◆ TASK OBJECTIVE
Extract the complete listing and output it unchanged.

::::::::::

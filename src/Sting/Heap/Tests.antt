-- ===== src/Sting/Heap/Tests.antt =====
-- sting/setup.c: the theorems on the memory of the kernel at sample heaps.
use stin_g.Prelude.{ℕ, ◌≤◌, ◌≡◌, refl, true, some, [], ◌∷◌, arith, leb}
use stin_g.Sting.Heap.{
  MemHdr, Heap, kr_initialize, kr_malloc, kr_free, kr_getfree, find_used, search_ring, search_fit,
  search_first, into_ring,
}
use stin_g.Sting.Heap.Owners.{HeapInv, heap_owners, Outcome, kr_malloc-Outcome}
use stin_g.Sting.Heap.Fit.{gives, kr_malloc-kr_getfree}
use stin_g.Sting.Heap.Return.{Freed, kr_free-Freed, kr_free_overlaps}

abbrev block : ℕ → ℕ → MemHdr
block place size = record { place = place; size = size }

-- Two blocks in use above a free one of six units.
abbrev half_used : Heap
half_used = record { ring = block 100 6 ∷ []; used = block 106 2 ∷ block 108 2 ∷ [] }

-- It is what two calls for 8 bytes make of ten units.
half_used_reached : (kr_malloc (kr_malloc (kr_initialize 100 80) 8).1 8).1 ≡ half_used
unfolding kr_initialize kr_malloc search_ring search_fit search_first
half_used_reached = refl

half_used-HeapInv : HeapInv half_used
half_used-HeapInv = record {
  single = λ x. ground arith;
  free_positive = omega arith;
  used_positive = omega arith;
}

kr_malloc-Outcome_example : Outcome half_used 16 (kr_malloc half_used 16)
kr_malloc-Outcome_example = kr_malloc-Outcome half_used 16 half_used-HeapInv

kr_malloc-kr_getfree_example : gives (kr_malloc half_used 40).0 ≡ leb 40 (kr_getfree half_used true)
kr_malloc-kr_getfree_example = kr_malloc-kr_getfree half_used 40 (omega arith)

kr_free-Freed_example : (h' : Heap) × (kr_free half_used 108 ≡ some h') × Freed half_used 108 h'
unfolding find_used
kr_free-Freed_example =
    kr_free-Freed half_used 108 half_used-HeapInv
      ((λ e. ground (arith, e)), ((λ e. ground (arith, e)), tt))

-- The last six units are taken, and then the two above them come back.
abbrev lone_block : Heap
lone_block = record { ring = block 106 2 ∷ []; used = block 100 6 ∷ block 108 2 ∷ [] }

lone_block_reached : kr_free (kr_malloc half_used 40).1 106 ≡ some lone_block
unfolding kr_malloc search_ring search_fit search_first kr_free find_used into_ring
lone_block_reached = refl

kr_free_overlaps_example :
    (h' : Heap) × (kr_free lone_block 100 ≡ some h') × (2 ≤ heap_owners h' 106)
unfolding find_used
kr_free_overlaps_example =
    kr_free_overlaps lone_block 100 (block 106 2) (block 100 6) (block 108 2 ∷ [])
      (record {
        single = λ x. ground arith;
        free_positive = omega arith;
        used_positive = omega arith;
      })
      refl refl refl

::::::::::

◆ WRITTEN SOLUTION
filename src/Sting/Heap/Tests.antt
-- ===== src/Sting/Heap/Tests.antt =====
-- sting/setup.c: the theorems on the memory of the kernel at sample heaps.
use stin_g.Prelude.{ℕ, ◌≤◌, ◌≡◌, refl, true, some, [], ◌∷◌, arith, leb}
use stin_g.Sting.Heap.{
  MemHdr, Heap, kr_initialize, kr_malloc, kr_free, kr_getfree, find_used, search_ring, search_fit,
  search_first, into_ring,
}
use stin_g.Sting.Heap.Owners.{HeapInv, heap_owners, Outcome, kr_malloc-Outcome}
use stin_g.Sting.Heap.Fit.{gives, kr_malloc-kr_getfree}
use stin_g.Sting.Heap.Return.{Freed, kr_free-Freed, kr_free_overlaps}

abbrev block : ℕ → ℕ → MemHdr
block place size = record { place = place; size = size }

-- Two blocks in use above a free one of six units.
abbrev half_used : Heap
half_used = record { ring = block 100 6 ∷ []; used = block 106 2 ∷ block 108 2 ∷ [] }

-- It is what two calls for 8 bytes make of ten units.
half_used_reached : (kr_malloc (kr_malloc (kr_initialize 100 80) 8).1 8).1 ≡ half_used
unfolding kr_initialize kr_malloc search_ring search_fit search_first
half_used_reached = refl

half_used-HeapInv : HeapInv half_used
half_used-HeapInv = record {
  single = λ x. ground arith;
  free_positive = omega arith;
  used_positive = omega arith;
}

kr_malloc-Outcome_example : Outcome half_used 16 (kr_malloc half_used 16)
kr_malloc-Outcome_example = kr_malloc-Outcome half_used 16 half_used-HeapInv

kr_malloc-kr_getfree_example : gives (kr_malloc half_used 40).0 ≡ leb 40 (kr_getfree half_used true)
kr_malloc-kr_getfree_example = kr_malloc-kr_getfree half_used 40 (omega arith)

kr_free-Freed_example : (h' : Heap) × (kr_free half_used 108 ≡ some h') × Freed half_used 108 h'
unfolding find_used
kr_free-Freed_example =
    kr_free-Freed half_used 108 half_used-HeapInv
      ((λ e. ground (arith, e)), ((λ e. ground (arith, e)), tt))

-- The last six units are taken, and then the two above them come back.
abbrev lone_block : Heap
lone_block = record { ring = block 106 2 ∷ []; used = block 100 6 ∷ block 108 2 ∷ [] }

lone_block_reached : kr_free (kr_malloc half_used 40).1 106 ≡ some lone_block
unfolding kr_malloc search_ring search_fit search_first kr_free find_used into_ring
lone_block_reached = refl

kr_free_overlaps_example :
    (h' : Heap) × (kr_free lone_block 100 ≡ some h') × (2 ≤ heap_owners h' 106)
unfolding find_used
kr_free_overlaps_example =
    kr_free_overlaps lone_block 100 (block 106 2) (block 100 6) (block 108 2 ∷ [])
      (record {
        single = λ x. ground arith;
        free_positive = omega arith;
        used_positive = omega arith;
      })
      refl refl refl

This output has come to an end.